Level 41, never seen a Jewel Beetle. I keep forgetting they exist because I caught at least one of the other rares fairly early on.


----------



## yurimei (Dec 7, 2017)

Tip: When you find it and the screen says TAP u better do it fast


----------



## Aeikurin (Dec 7, 2017)

I've been lucky enough to have caught about 5 emperor butterflies, but for me the koi is definitely elusive (I only have 2).. I think it also depends on where you constantly go to fish/find bugs? I find that I tend to go to ocean for fishing in pocket camp, more than the river. It's also because the fish size is close enough to a common fish that you've probably walked right by it or scared it without knowing. 

Maybe if you keep trying, you'll catch more? I'm not sure to how the logistics work, since day of time/season doesn't affect, it's purely based on luck.


----------



## deSPIRIA (Dec 7, 2017)

i caught my first koi yesterday and 2 weeks ago i accidentally ran into an emperor butterfly...haha....ha....


----------



## jenikinz (Dec 7, 2017)

I have only seen one blue butterfly but it disappeared before I could catch it.  I have caught 2 football fish, and 1 blowfish, but so far I haven't seen/caught the koi, jewel beetle, miyama stag, or tuna.


----------



## Cryptade (Dec 7, 2017)

i squandered my chance at catching an emperor butterfly (accidentally ran into it) and i haven't seen one since. I've gotten all the rares except for that. RIP collection



Aeikurin said:


> I've been lucky enough to have caught about 5 emperor butterflies, but for me the koi is definitely elusive (I only have 2).. I think it also depends on where you constantly go to fish/find bugs? I find that I tend to go to ocean for fishing in pocket camp, more than the river. It's also because the fish size is close enough to a common fish that you've probably walked right by it or scared it without knowing.
> 
> Maybe if you keep trying, you'll catch more? I'm not sure to how the logistics work, since day of time/season doesn't affect, it's purely based on luck.



I'm not sure on the logistics either, but I feel like there actually may be seasonal fish and bugs (except for maybe the island) or they might be implemented later, we just  don't know it since we've only been experiencing one season so far.
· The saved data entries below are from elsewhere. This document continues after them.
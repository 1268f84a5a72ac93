-- ===== src/Prover/Leftover.antt =====
-- What a finished job of the withdrawal circuit leaves in the scratch directory.
use shade.Shared.{String, ◌≡◌, some}
use shade.Shared.Maps.{get}
use shade.Proving.{Input, secret_input, Files, Tools, file}
use shade.Prover.{World}

module _ (tools : Tools) (scratch tag : String) where
  abbrev input_file : String
  input_file = file scratch tag "_input.json"

  -- The file with the opening of the note is there.
  abbrev pub HasOpening : Files → Type 0
  HasOpening files = (input : Input) × (get input_file files ≡ some (secret_input input))

  abbrev Has : Input → Files → Type 0
  Has input files = get input_file files ≡ some (secret_input input)

  abbrev Leaves : {A : Type 0} → A → Files → Type 0
  Leaves a files = HasOpening files

  abbrev LeavesIn : {A : Type 0} → A → World → Type 0
  LeavesIn a w = HasOpening w.files

  abbrev HasIn : World → Type 0
  HasIn w = HasOpening w.files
It'd be a bit of a bummer if at least the rares didn't change ;o;


----------



## AngelBunny (Dec 7, 2017)

i think the blue butterflies come out in night/morning just like in acnl


----------



## lizardon (Dec 7, 2017)

I haven't seen blue butterfly and Koi as well


----------



## lunatepic (Dec 7, 2017)

never caught an emperor butterfly, but i have caught a koi or two and more tuna than i know what to do with lmaoo
all the emperor butterflies i've seen for sale were like 30,000+ bells, ain't no way i'm buying those. i just hope none of the campers ever request one haaa


----------



## Fizzii (Dec 8, 2017)

I'm level 29, I've caught 2 emperor butterflies and seen 3. I've caught one Koi, which was during my first 10 level but I've never caught one since. Caught one blowfish, one miyama stag, 3 rainbow trout and one jewel beetle but no tuna or football fish


----------



## Shele (Dec 9, 2017)

Finally caught a koi. Still no sign of the blue butterfly. *sigh


----------



## Vonny (Dec 9, 2017)

Woop caught a tuna (the shadow was massive) now time to let it sit in my inventory until we get a museum or Nintendo announces that they’re for selling or something


----------



## jenikinz (Dec 9, 2017)

I finally got a koi, and tuna...but still no blue butterfly, miyama stag or jewel beetle


----------



## Destron (Dec 11, 2017)

Wow, I am l level 24 and have caught everything except a Tuna. I had several Koi and sold all but 1 for the inventory space.


----------



## Gloomyreaper (Dec 13, 2017)

I just started playing two days ago and I've caught two koi and seen two blue butterflies(i didn't catch either!!)
Haven't caught sight of the rumoured enormous shadow of the tuna or the jewel beetle though, I'll wait those out.


----------



## BunnyHunny (Dec 13, 2017)

I've caught 4 blue butterflies and had 2 get away. Never seen a koi or football fish and have 3 tuna.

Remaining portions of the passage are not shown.